Check guests out & collect keys
On their way out the door, many guests will come to the front desk to drop off their key and formally checkout. Though this is a fairly straightforward interaction with guests, it is an important one. It is only when a guest formally checks out that a housekeeping team member can turnover the room. It is the front desk staff’s responsibility to ensure an accurate accounting of which rooms have been checked out and which have not.
Contactless Checkout solutions enable guests to checkout from anywhere, at any time, directly from their mobile devices. This can erase the need for that final front desk visit, which frees up your staff to deal with guest arrivals, and provides hoteliers with an accurate portrayal of which rooms are free and which are not.

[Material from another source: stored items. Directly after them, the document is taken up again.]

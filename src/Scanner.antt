-- ===== src/Scanner.antt =====
-- universal-scanner/src/scanner.rs and protocols/mod.rs: the registry of the engines, their selection
-- by name, the ports that a start reserves, and the states of a scanner.
pub mod Selection
pub mod Running
use uscan.Prelude.{ℕ, Bool, true, false, not, ◌||◌, List, [], ◌∷◌, ◌++◌, Option, none, some, map}
use uscan.Prelude.{◌==◌, ◌=t=◌, if◌then◌else◌, any, filter, Text, codes}
use uscan.Prelude.Results.{Result, ok, err}
use uscan.Mdns.Queries.{to_lower}
use uscan.Ports.{PortProvider, reserve}
use uscan.Engine.Receive.{ScanEngine}

-- An engine with its number.
pub record Engine : Type 0 where
  pub id : ℕ
  pub body : ScanEngine

abbrev pub lowercase : Text → Text
lowercase s = map to_lower s

-- `contains` of a list of names
abbrev pub has_name : List Text → Text → Bool
has_name names n = any (λ m. m =t= n) names

pub data ScannerError : Type 0 where
  -- the name that is not known, and those that are
  unknown_protocol : Text → List Text → ScannerError
  no_interface : ScannerError

-- The loop over the wanted names: the first that is not known.
unfoldable pub first_unknown : List Text → List Text → Option Text
first_unknown known [] = none
first_unknown known (w ∷ wanted) =
    let rest = first_unknown known wanted in if has_name known w then rest else some w

abbrev pub known_names : List Engine → List Text
known_names all = map (λ e. lowercase e.body.name) all

unfoldable pub select_entries : List Engine → Option (List Text) → Result ScannerError (List Engine)
unfolding first_unknown
select_entries all none = ok all
select_entries all (some wanted) = elim (first_unknown (known_names all) wanted) [
  | some w ↦ err (unknown_protocol w (known_names all))
  | none ↦ ok (filter (λ e. has_name wanted (lowercase e.body.name)) all)
]

-- The filter of `new`: the names as they were given, in small letters.
unfoldable pub new_entries : List Engine → Option (List Text) → Result ScannerError (List Engine)
unfolding select_entries
new_entries all none = select_entries all none
new_entries all (some names) = select_entries all (some (map lowercase names))

-- The loop of `start` that reserves the fixed ports.
unfoldable pub reserve_used : List Engine → PortProvider → PortProvider
unfolding reserve
reserve_used [] ports = ports
reserve_used (e ∷ es) ports = reserve_used es (reserve e.body.used_ports ports)

-- `start` asks whether the broker is needed.
unfoldable pub has_mdns_consumer : List Engine → Bool
has_mdns_consumer entries =
    any
      (λ e.
        e.body.name =t= codes "Axis"
        || e.body.name =t= codes "Google"
        || e.body.name =t= codes "Arecont")
      entries
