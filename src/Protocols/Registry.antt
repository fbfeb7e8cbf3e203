-- ===== src/Protocols/Registry.antt =====
-- protocols/mod.rs: the registry of the engines. The engines that listen to the mDNS broker or capture
-- ARP frames have no socket of their own. A round of probes is what `scan` sends from the sockets of the
-- engine: the queries through the broker, the net scan of Dahua 2 and the ARP sweep are outside.
mod Shapes
mod From1
mod From16
unfoldable pub use From1.*
unfoldable pub use From16.*
use uscan.Prelude.{List, [], ◌∷◌}
use uscan.Scanner.{Engine}

-- The engines with their numbers, in their order.
unfoldable pub registry : List Engine
unfolding engine_ssdp engine_wsd engine_dahua1 engine_dahua2 engine_hikvision engine_axis
    engine_bosch engine_googlecast engine_hanwha engine_vivotek engine_sony engine_ubiquiti
    engine_vision360 engine_nicevision engine_panasonic engine_arecont engine_gige engine_vstarcam
    engine_eaton engine_foscam engine_lantronix engine_microchip engine_advantech engine_eden
    engine_cyberpower engine_mssql engine_arp engine_tvt
registry =
    record { id = 1; body = engine_ssdp }
    ∷ record { id = 2; body = engine_wsd }
    ∷ record { id = 3; body = engine_dahua1 }
    ∷ record { id = 4; body = engine_dahua2 }
    ∷ record { id = 5; body = engine_hikvision }
    ∷ record { id = 6; body = engine_axis }
    ∷ record { id = 7; body = engine_bosch }
    ∷ record { id = 8; body = engine_googlecast }
    ∷ record { id = 9; body = engine_hanwha }
    ∷ record { id = 10; body = engine_vivotek }
    ∷ record { id = 11; body = engine_sony }
    ∷ record { id = 12; body = engine_ubiquiti }
    ∷ record { id = 13; body = engine_vision360 }
    ∷ record { id = 14; body = engine_nicevision }
    ∷ record { id = 15; body = engine_panasonic }
    ∷ record { id = 16; body = engine_arecont }
    ∷ record { id = 17; body = engine_gige }
    ∷ record { id = 18; body = engine_vstarcam }
    ∷ record { id = 19; body = engine_eaton }
    ∷ record { id = 20; body = engine_foscam }
    ∷ record { id = 23; body = engine_lantronix }
    ∷ record { id = 24; body = engine_microchip }
    ∷ record { id = 25; body = engine_advantech }
    ∷ record { id = 26; body = engine_eden }
    ∷ record { id = 28; body = engine_cyberpower }
    ∷ record { id = 29; body = engine_mssql }
    ∷ record { id = 30; body = engine_arp }
    ∷ record { id = 31; body = engine_tvt }
    ∷ []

The front desk team is invaluable to the overall hotel experience. As the middlemen between guests and all other hotel staff, a well-functioning front desk team will be able to quickly handle issues and address guest needs. Failing to meet visitors' expectations means risking negative reviews and lost revenue. Disorganization, impolite or unaccommodating staff, or a general lack of professionalism and panache can be a real turn-off to guests, leaving them annoyed, dissatisfied, and unlikely to return.
Well-trained, warm, and friendly staff will meet, and often exceed, the needs of a wide range of hotel guests. By wrapping the above tips into your front desk operations and responsibilities, you’re sure to drive outstanding experiences and reap the rewards in loyalty sign-ups and repeat visits.